The picture painted may be bleak compared with a golden past, but I firmly believe that steel in Wales and the UK has a strong future. A future for any industry is all about adapting to change and turning threats into opportunities. The future of the steel industry is clearly about innovation, and technological innovation is in its business model. Beyond the heavy end of steel production that we all know so well, we also have organisations that innovate and produce high-tech products that are changing the way we view steel.
Neath Port Talbot is home to a company called Specific, which uses coated steel to make world-leading, innovative technologies that produce, store and release energy. At the heart of its work is Swansea University’s bay campus, which straddles the constituencies of Neath and Aberavon. Specific is hugely concerned about our leaving Europe, not only because of the essential funding it has received from the EU—without which it probably would not exist—but because of the potential loss of a market in which it could promote and sell its products. It is that sort of high-level innovation that needs to be harnessed and nurtured if we want to see a future for our steel industry.
My hon. Friend is making an excellent and comprehensive speech. It is important to underline the fact that the quality of the steel is possible only through primary steelmaking. It must be produced on the basis of a process that starts right up the chain with a blast furnace, not with an electric arc furnace. If we are going to take steel into the 21st century and as high up the value chain as we can, we must retain primary steelmaking in this country.
I thank my hon. Friend for making that important point.
An innovative product is only one part of the story; we must also use the current crisis as an opportunity to change the way we do business so that a structure can be established to protect the steel industry for many years to come. What about a management-workforce buy-out at Tata Port Talbot, and perhaps elsewhere? It could be set up in the shape of a co-operative and take advantage of the benefits of a tripartite model of delivery that would also involve investment from the public and private sectors.

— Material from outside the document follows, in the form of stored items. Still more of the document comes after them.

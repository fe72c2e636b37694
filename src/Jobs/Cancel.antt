-- ===== src/Jobs/Cancel.antt =====
-- cancel_job, bulk_cancel_jobs and mark_failed (backend/routes_jobs.py).
pub mod Laws
use certheim.Base.{
  Bool, List, Option, String, Text, [], all, count, find, if◌then◌else◌, is_empty, is_zero, length,
  lit, ltb, nat_eq, none, not, option_eq, some, take, text_eq, ◌&&◌, ◌++◌, ◌==◌, ◌||◌, ◌∷◌,
}
use certheim.Store.{
  Job, Reply, Request, Status, World, abort, error, failed, fire_webhooks, group_email, is_signer,
  log_event, log_mail, ok, pending, status_eq, update_jobs,
}
use certheim.Jobs.Ids.{is_job_id}

-- the jobs that `WHERE id = ? AND status='pending'` selects
abbrev pub pending_row : Text → Job → Bool
pending_row job_id j = j.id == job_id && j.status == Status.pending

-- `(payload.get("reason") or "")[:512]`, and `reason or None` in the row
abbrev pub or_none : Text → Option Text
or_none s = if s == [] then none else some s

abbrev pub set_cancelled : Request → Text → Job → Job
set_cancelled r reason j = record j {
  status = Status.cancelled;
  completed_at = some r.now;
  completed_by_dn = some r.dn;
  error = or_none reason;
}

-- what a job that is over sends: the webhook and the mail
abbrev pub announce : Request → String → String → Text → Option Text → Job → World → World
announce r event kind job_id note row w =
    let w' =
      fire_webhooks
        (record {
          event = event;
          job_id = job_id;
          target_host = row.target_host;
          actor = r.dn;
          note = note;
        })
        w in
    log_mail r
      (record {
        kind = kind;
        job_id = job_id;
        requester_email = row.requester_email;
        group_email = group_email row.group_id w;
      })
      w'

pub data Outcome : Type 0 where
  cancelled denied skipped : Outcome

-- The body that cancel_job and one round of bulk_cancel_jobs share: read the pending row, check the
-- caller, update, and announce.
unfoldable pub cancel_one : Request → Text → Text → World → World × Outcome
unfolding text_eq status_eq
cancel_one r job_id reason w = elim (find (pending_row job_id) w.jobs) [
  | none ↦ (w, Outcome.skipped)
  | some row ↦
      if not (row.requester_dn == r.dn || r.is_admin)
      then (log_event "cancel_job" "deny_not_authorized" job_id w, Outcome.denied)
      else if is_zero (count (pending_row job_id) w.jobs)
      then (w, Outcome.skipped)
      else (
        announce r "job.cancelled" "cancelled" job_id (or_none reason) row (
            log_event "cancel_job" "ok" job_id
              (update_jobs (pending_row job_id) (set_cancelled r reason) w)),
        Outcome.cancelled,
      )
]

abbrev pub cancel_reply : World × Outcome → World × Reply Unit
cancel_reply (w, Outcome.cancelled) = (w, ok tt)
cancel_reply (w, Outcome.denied) =
    (w, error 403 (lit "only the requester or an admin can cancel this job"))
cancel_reply (w, Outcome.skipped) = (w, error 409 (lit "job not in cancellable state"))

unfoldable pub cancel_job : Request → Text → Text → World → World × Reply Unit
cancel_job r job_id reason w =
    if not (is_job_id job_id)
    then (w, abort 400)
    else cancel_reply (cancel_one r job_id (take 512 reason) w)

pub record Tally : Type 0 where
  pub cancelled : List Text
  pub skipped : List Text
  pub denied : List Text

abbrev pub tally : Outcome → Text → Tally → Tally
tally Outcome.cancelled job_id t = record t { cancelled = t.cancelled ++ job_id ∷ [] }
tally Outcome.skipped job_id t = record t { skipped = t.skipped ++ job_id ∷ [] }
tally Outcome.denied job_id t = record t { denied = t.denied ++ job_id ∷ [] }

abbrev pub no_cancels : Tally
no_cancels = record { cancelled = []; skipped = []; denied = [] }

-- the loop of bulk_cancel_jobs
unfoldable pub cancel_all : Request → List Text → Text → World → Tally → World × Tally
cancel_all r [] reason w t = (w, t)
cancel_all r (job_id ∷ job_ids) reason w t =
    let (w', o) = cancel_one r job_id reason w in cancel_all r job_ids reason w' (tally o job_id t)

unfoldable pub bulk_cancel_jobs : Request → List Text → Text → World → World × Reply Tally
unfolding cancel_all
bulk_cancel_jobs r job_ids reason w =
    if is_empty job_ids
    then (w, error 400 (lit "job_ids must be a non-empty array"))
    else if ltb 200 (length job_ids)
    then (w, error 400 (lit "too many jobs in one call (max 200)"))
    else if not (all is_job_id job_ids)
    then (w, error 400 (lit "invalid job id in list"))
    else let (w', t) = cancel_all r job_ids (take 512 reason) w no_cancels in
      (log_event "bulk_cancel" "ok" [] w', ok t)

abbrev pub set_failed : Request → Text → Job → Job
set_failed r note j = record j {
  status = Status.failed;
  error = some note;
  completed_at = some r.now;
  completed_by_dn = some r.dn;
}

-- `(payload.get("error") or "manual mark failed")[:2048]`
abbrev pub failure_note : Text → Text
failure_note note = take 2048 (if note == [] then lit "manual mark failed" else note)

unfoldable pub mark_failed : Request → Text → Text → World → World × Reply Unit
unfolding text_eq status_eq
mark_failed r job_id note w =
    if not (is_job_id job_id)
    then (w, abort 400)
    else if not (is_signer r.dn w)
    then (
      log_event "mark_failed" "deny_not_signer" job_id w,
      error 403 (lit "only signer-group members can mark jobs failed"),
    )
    else elim (find (pending_row job_id) w.jobs) [
      | none ↦ (w, error 409 (lit "job not in markable state"))
      | some row ↦
          if is_zero (count (pending_row job_id) w.jobs)
          then (w, error 409 (lit "job not in markable state"))
          else (
            announce r "job.failed" "failed" job_id (some (failure_note note)) row (
                log_event "mark_failed" "ok" job_id
                  (update_jobs (pending_row job_id) (set_failed r (failure_note note)) w)),
            ok tt,
          )
    ]
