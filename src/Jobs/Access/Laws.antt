-- ===== src/Jobs/Access/Laws.antt =====
-- Theorems on visibility and on the permissions of a job's view (backend/routes_jobs.py).
use certheim.Base.{
  Bool, Bool-cases, List, Option, Text, [], any, arith, count, false, find, if◌then◌else◌, inl, inr,
  is_zero, nat_eq, none, option_eq, refl, some, text_eq, true, ◌==◌, ◌∷◌, ◌≡◌,
}
use certheim.Store.{Job, Reply, Request, Status, World, error, job_by_id, ok, status_eq}
use certheim.Jobs.Ids.{is_job_id}
use certheim.Jobs.Keys.{IsKeyed, row_with_id}
use certheim.Jobs.Access.{row_to_job, visibility_sql, visible}
use certheim.Jobs.Cancel.{cancel_job, cancel_one, mark_failed, pending_row}

-- The clause that the lists and counts get selects exactly the jobs that the caller may open.
pub visibility_sql-visible :
    (r : Request) (w : World) (row : Job) → visibility_sql r w row ≡ visible r w row
unfolding visibility_sql visible
visibility_sql-visible r w row = ground arith

-- Whether a request was answered with success.
abbrev pub is_ok : {A : Type 0} → Reply A → Bool
is_ok (ok v) = true
is_ok (error code message) = false

abbrev pending_only : Job → Option Job
pending_only row = if row.status == Status.pending then some row else none

find_absent :
    (job_id : Text) (js : List Job)
    → any (row_with_id job_id) js ≡ false
    → find (pending_row job_id) js ≡ none
find_absent job_id [] h = refl
find_absent job_id (j ∷ js) h = ground (arith, find_absent job_id js (ground arith))

-- Under the key, the pending update finds the row of the id where that row is pending.
find-pending_row :
    (job_id : Text) (row : Job) (js : List Job)
    → IsKeyed js
    → find (row_with_id job_id) js ≡ some row
    → find (pending_row job_id) js ≡ pending_only row
find-pending_row job_id row [] h e = absurd (ground arith)
find-pending_row job_id row (j ∷ js) h e = elim (Bool-cases (row_with_id job_id j)) [
  | inl hit ↦
      let same : row ≡ j = ground arith in
      ground (arith, same, find_absent job_id js (ground arith))
  | inr miss ↦ ground (arith, find-pending_row job_id row js h.1 (ground arith))
]

-- What a query finds, it counts.
count-find :
    (p : Job → Bool) (row : Job) (js : List Job)
    → find p js ≡ some row
    → is_zero (count p js) ≡ false
count-find p row [] e = absurd (ground arith)
count-find p row (j ∷ js) e = elim (Bool-cases (p j)) [
  | inl hit ↦ ground arith
  | inr miss ↦ ground (arith, count-find p row js (ground arith))
]

-- The view of a job offers to cancel it exactly when cancelling it will succeed.
pub cancel_job-can_cancel :
    (r : Request) (job_id reason : Text) (w : World) (row : Job)
    → is_job_id job_id ≡ true
    → IsKeyed w.jobs
    → job_by_id job_id w ≡ some row
    → is_ok (cancel_job r job_id reason w).1 ≡ (row_to_job r w row).can_cancel
unfolding cancel_job cancel_one row_to_job
cancel_job-can_cancel r job_id reason w row good keyed found =
    let e : find (pending_row job_id) w.jobs ≡ pending_only row =
      find-pending_row job_id row w.jobs keyed found in
    elim (Bool-cases (row.status == Status.pending)) [
      | inl open_job ↦
          let e' : find (pending_row job_id) w.jobs ≡ some row = ground arith in
          ground (arith, e', count-find (pending_row job_id) row w.jobs e')
      | inr closed ↦ ground arith
    ]

-- The view of a job offers to mark it failed exactly when that will succeed.
mark_failed-can_mark_failed :
    (r : Request) (job_id note : Text) (w : World) (row : Job)
    → is_job_id job_id ≡ true
    → IsKeyed w.jobs
    → job_by_id job_id w ≡ some row
    → is_ok (mark_failed r job_id note w).1 ≡ (row_to_job r w row).can_mark_failed
unfolding mark_failed row_to_job
mark_failed-can_mark_failed r job_id note w row good keyed found =
    let e : find (pending_row job_id) w.jobs ≡ pending_only row =
      find-pending_row job_id row w.jobs keyed found in
    elim (Bool-cases (row.status == Status.pending)) [
      | inl open_job ↦
          let e' : find (pending_row job_id) w.jobs ≡ some row = ground arith in
          ground (arith, e', count-find (pending_row job_id) row w.jobs e')
      | inr closed ↦ ground arith
    ]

There are many such examples from across Wales and the UK, including Tower Colliery, John Lewis, Welsh Water and hundreds of credit unions. Welsh Water’s slogan is “For Wales, not for profit”; we could apply the same principle to our other key industries, which for Wales means steel.
Co-operation, consensus and community are the founding principles of not only co-operatives but the Labour party. It is on those shared values that figures from across the Labour movement have led the development of organisations that have anchored communities during difficult times and helped to create a buffer against global economic shifts. Let us consider the possibility of doing the same in communities such as Neath, Port Talbot and elsewhere. I urge the Government to play their part in this endeavour.